8. When the matter was posted before me after remand, learned counsel M/s. Raj and Raj who were appearing previously for the respondents in the appeal represented that the records had been taken away by the parties and they had no instructions to appear for the respondents. I directed notice to the respondents through Court. On 30-3-1992, the 1st respondent Thailammal appeared in Court and prayed for adjournment to engage counsel. She assured the Court that the other respondents who are her children, would also give vakalat and engage the same counsel. I adjourned the matter to 28-4-1992 after informing her in Tamil that the appeal would be heard on that date. I told her that no adjournment will be granted. On 20-4-1992, when the matter was called, the 6th respondent, one of the sons of the 1st respondent appeared before court and prayed for further adjournment to engage counsel alleging that he had come from Bombay. I refused to grant long adjournment and posted the matter to this day clearly informing the 6th respondent that the matter will be beared today at 2.15 p.m. When the matter was called to day, both the 1st respondent and the 6th respondent appeared in Court and prayed for further adjournment.

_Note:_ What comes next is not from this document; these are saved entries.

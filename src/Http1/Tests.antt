-- ===== src/Http1/Tests.antt =====
-- src/load/http1/response-parser.ts and http1-worker-measurement.ts: runs, and the theorems at
-- concrete inputs.
use benchkit.Http1.Measurement.Codes.{counted, record_responses, responses_counted}
use benchkit.Http1.Measurement.{build_result, new_http1}
use benchkit.Load.Measurement.{WorkerResult, result_of, new}
use benchkit.Memory.{MemoryUsage}
use benchkit.Latency.{Latency, finite}
use Prim.Native.Char.{code}
use Prim.Native.String.{String}
use mathlib.Core.List.{flatten}
use benchkit.Prelude.{
  ℕ, ◌≤◌, ◌↔◌, ◌≢◌, List, All, none, false, max_safe_integer, ◌≡◌, refl, inr, some, [], ◌∷◌, ◌++◌,
  arith, leb, Bool, ◌/◌, inl,
}
use benchkit.Http1.Bytes.{
  Bytes, is_prefix, index_of, trim_start, trim_end, trim, lower, equals_lower,
  ascii_equals_ignore_case, add_part, split_on, header_end, hex_digit, before,
}
use benchkit.Http1.Framing.{
  content_length_name, transfer_encoding_name, Framing, ok, response_headers, exceeds,
  parse_decimal, parse_length_part, agree, parse_length_parts, parse_content_length,
  last_token_equals, parse_hex, parse_chunk_size, read_field, read_line, read_lines, is_status_line,
  status_code_of, framing_of, parse_headers,
}
use benchkit.Http1.Parser.{
  reset, add_completed, retain, framed_body, framed, after_headers, step_headers, step_fixed_body,
  after_chunk_size, step_chunk_size, step_chunk_data, step_chunk_data_crlf, step_trailers, step_in,
  run, push,
}
use benchkit.Http1.Framing.Lengths.{Spells, place_value, parse_chunk_size_iff}
use benchkit.Http1.Framing.ContentLength.{Names, Fits, parse_content_length_iff}
use benchkit.Http1.Framing.Blocks.{Field, IsPlain, block}
use benchkit.Http1.Framing.Content.{IsNamed, IsChunked}
use benchkit.Http1.Framing.Reading.{names_differ}
use benchkit.Http1.Framing.Acceptance.{parse_headers-accepts}
use benchkit.Http1.Framing.Responses.{status_line, IsResponse, parse_headers-IsResponse}
use benchkit.Http1.Parser.Run.{ParserIsValid, OutcomeIsValid, push-OutcomeIsValid}
use benchkit.Http1.Parser.Segments.{push-append}
use benchkit.Http1.Parser.Stream.{push_all, push_all-eq-push}

abbrev codes : String → Bytes
codes String.[] = []
codes (String.◌∷◌ c s) = code c ∷ codes s

-- Its line opens every function of the parser for the tests that name it.
opened : Unit {0}
unfolding is_prefix index_of trim_start trim_end trim lower equals_lower ascii_equals_ignore_case
    add_part split_on hex_digit before parse_decimal parse_length_part agree parse_length_parts
    parse_content_length last_token_equals parse_hex parse_chunk_size read_field read_line
    read_lines is_status_line status_code_of framing_of parse_headers retain framed_body framed
    after_headers step_headers step_fixed_body after_chunk_size step_chunk_size step_chunk_data
    step_chunk_data_crlf step_trailers step_in run push push_all
opened = tt

abbrev crlf : Bytes
crlf = 13 ∷ 10 ∷ []

abbrev ok_line : Bytes
ok_line = codes "HTTP/1.1 200 OK" ++ crlf

abbrev fixed : Bytes
fixed = ok_line ++ (codes "content-length: 3" ++ (crlf ++ (crlf ++ codes "abc")))

abbrev chunked : Bytes
chunked =
    ok_line
    ++ (codes "Transfer-Encoding: chunked"
        ++ (crlf
            ++ (crlf
                ++ (codes "4;x"
                    ++ (crlf ++ (codes "wxyz" ++ (crlf ++ (codes "0" ++ (crlf ++ crlf)))))))))

two_responses : (push "GET" 64 reset (fixed ++ chunked)).completed ≡ 200 ∷ 200 ∷ []
unfolding opened
two_responses = refl

abbrev first : Bytes
first = fixed ++ codes "HTTP"

abbrev second : Bytes
second = codes "/1.1 204" ++ header_end

reset-ParserIsValid : ParserIsValid 64 reset
reset-ParserIsValid = record { machine = tt; bounded = inr (omega arith) }

push-append_example :
    let o = push "GET" 64 reset first in
    push "GET" 64 reset (first ++ second)
    ≡ add_completed o.completed (push "GET" 64 o.parser second)
unfolding opened
push-append_example = push-append "GET" 64 reset first second reset-ParserIsValid refl

push_all-eq-push_example :
    push_all "GET" 64 reset first (second ∷ [])
    ≡ push "GET" 64 reset (flatten (first ∷ second ∷ []))
unfolding opened
push_all-eq-push_example =
    push_all-eq-push "GET" 64 reset first (second ∷ []) reset-ParserIsValid refl

push-OutcomeIsValid_example : OutcomeIsValid 64 (push "GET" 64 reset first)
push-OutcomeIsValid_example = push-OutcomeIsValid "GET" 64 reset first reset-ParserIsValid

-- A block within the limit is refused where a chunk ends inside its terminator.
cut_terminator :
    ((push "HEAD" 16 reset (ok_line ++ crlf)).failure ≡ none)
    × ((push "HEAD" 16 reset ok_line).failure ≡ some (exceeds response_headers 16))
unfolding opened
cut_terminator = (refl, refl)

parse_content_length_iff_example :
    (parse_content_length (codes "12, 12") none ≡ ok 12)
    ↔ (Fits 12 none × All (λ p. Names 12 (trim p)) (split_on 44 (codes "12, 12")))
parse_content_length_iff_example = parse_content_length_iff (codes "12, 12") none 12

parse_chunk_size_iff_example : (parse_chunk_size (codes "1F;x") ≡ ok 31) ↔ (
    (trim (before 59 (codes "1F;x")) ≢ [])
    × ((ds : List ℕ) × Spells hex_digit (trim (before 59 (codes "1F;x"))) ds
        × (31 ≡ place_value 16 ds)
        × (31 ≤ max_safe_integer)))
parse_chunk_size_iff_example = parse_chunk_size_iff (codes "1F;x") 31

abbrev some_fields : List Field
some_fields =
    (codes "Server", codes " x")
    ∷ (codes "Content-Length", codes " 12")
    ∷ (codes "content-length ", codes "12,12 ")
    ∷ []

abbrev of_length : Framing
of_length = record {
  status_code = 200;
  informational = false;
  chunked = false;
  body_length = some 12;
}

some_fields-IsPlain : All IsPlain some_fields
some_fields-IsPlain = ground arith

parse_headers-IsResponse_example : IsResponse 200 "GET" some_fields of_length
unfolding opened
parse_headers-IsResponse_example =
    parse_headers-IsResponse 1 200 (codes " OK") some_fields "GET" (omega arith) (ground arith)
      some_fields-IsPlain refl

abbrev coding : Field
coding = (codes "Transfer-Encoding", codes " gzip, Chunked")

coding-IsNamed : IsNamed transfer_encoding_name coding
unfolding opened
coding-IsNamed = refl

coding-IsChunked : IsChunked coding
unfolding opened
coding-IsChunked = refl

parse_headers-accepts_example :
    (f : Framing) × (parse_headers
        (block (status_line 0 201 (codes " Created")) (coding ∷ []))
        "POST"
      ≡ ok f)
parse_headers-accepts_example =
    let no_length : ¬ IsNamed content_length_name coding =
      λ e. names_differ coding e coding-IsNamed in
    parse_headers-accepts 0 201 (codes " Created") (coding ∷ []) "POST" 0 (omega arith)
      (omega arith) (omega arith) (inr (codes "Created", refl)) (ground arith)
      ((omega arith, ground arith, ground arith), tt)
      ((λ e. absurd (no_length e), λ e. coding-IsChunked), tt) (inl (no_length, tt))

abbrev some_responses : List (ℕ × Latency)
some_responses = (200, finite 15) ∷ (404, finite 20) ∷ (200, finite 0) ∷ (503, finite 90) ∷ []

abbrev is_failure : ℕ → Bool
is_failure status = leb 400 status

abbrev no_usage : MemoryUsage
no_usage = record { rss = 1; heap_total = 2; heap_used = 3; external = 4; array_buffers = 5 }

abbrev shared_result : WorkerResult
shared_result = result_of 1000 0 50 no_usage (new 10)

responses_counted_example :
    (counted is_failure
        (build_result shared_result
          (record_responses (λ ms. ms / 10) some_responses (new_http1 10))).status_codes
      ≡ 2)
    × ((build_result shared_result
          (record_responses (λ ms. ms / 10) some_responses (new_http1 10))).non_2xx
        ≡ 2)
responses_counted_example =
    responses_counted (λ ms. ms / 10) 10 shared_result is_failure some_responses
      (
        (omega arith, omega arith),
        (
          (omega arith, omega arith),
          ((omega arith, omega arith), ((omega arith, omega arith), tt)),
        ),
      )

I refused to grant the same. I told them that I would hear the appellants' counsel and post the matter to tomorrow so that their counsel could argue the appeal. I told them that they could either argue the appeal themselves or engage a counsel to argue the same. I proceeded to hear counsel for the appellants. After hearing him, I am of the view that the appeal has to be dismissed in view of the present position in law. Hence, T find no necessity to adjourn the matter to tomorrow nor hear counsel for the respondents.

9. The portions of the judgment of the Supreme Court as extracted above clearly point out two aspects of the matter. Firstly, their Lordships of the Supreme Court have categorically held that an application under S. 9 of the City Tenants Protection Act is aninterlocutory application and the correctness of any order passed thereon could be challenged in the appeal against the main decree. Thus, they have held that in this second appeal, the correctness of the order of the Trial Court dismissing the application under S. 9 of the City Tenants Protection Act can be canvassed by the respondents herein.

10. Secondly, it is held by the Supreme Court that the application filed under S. 9 of the Act by the defendant is deemed to be pending in the second appeal. In so far as the above two aspects are concerned, learned counsel for the appellants contends that the proper interpretation of the order of the Supreme Court is that this Court should consider whether the application under S. 9 of the City Tenants Protection Act could be treated as an interlocutory application and a pending application for the purpose of this second appeal and proceed to decide the rights of parties on that basis. Learned counsel proceeds to argue that by the very nature of the application, it cannot be considered to be an interlocutory application. According to him, an application under S. 9 of the Act has always been considered by this Court to be an original application independent of the suit and the result of the suit would not affect the application in question. He submits that even if the suit is dismissed, the application under S. 9 could be considered by the Court and relief could be granted to the applicant if it is found that he is entitled to the benefits of the Act.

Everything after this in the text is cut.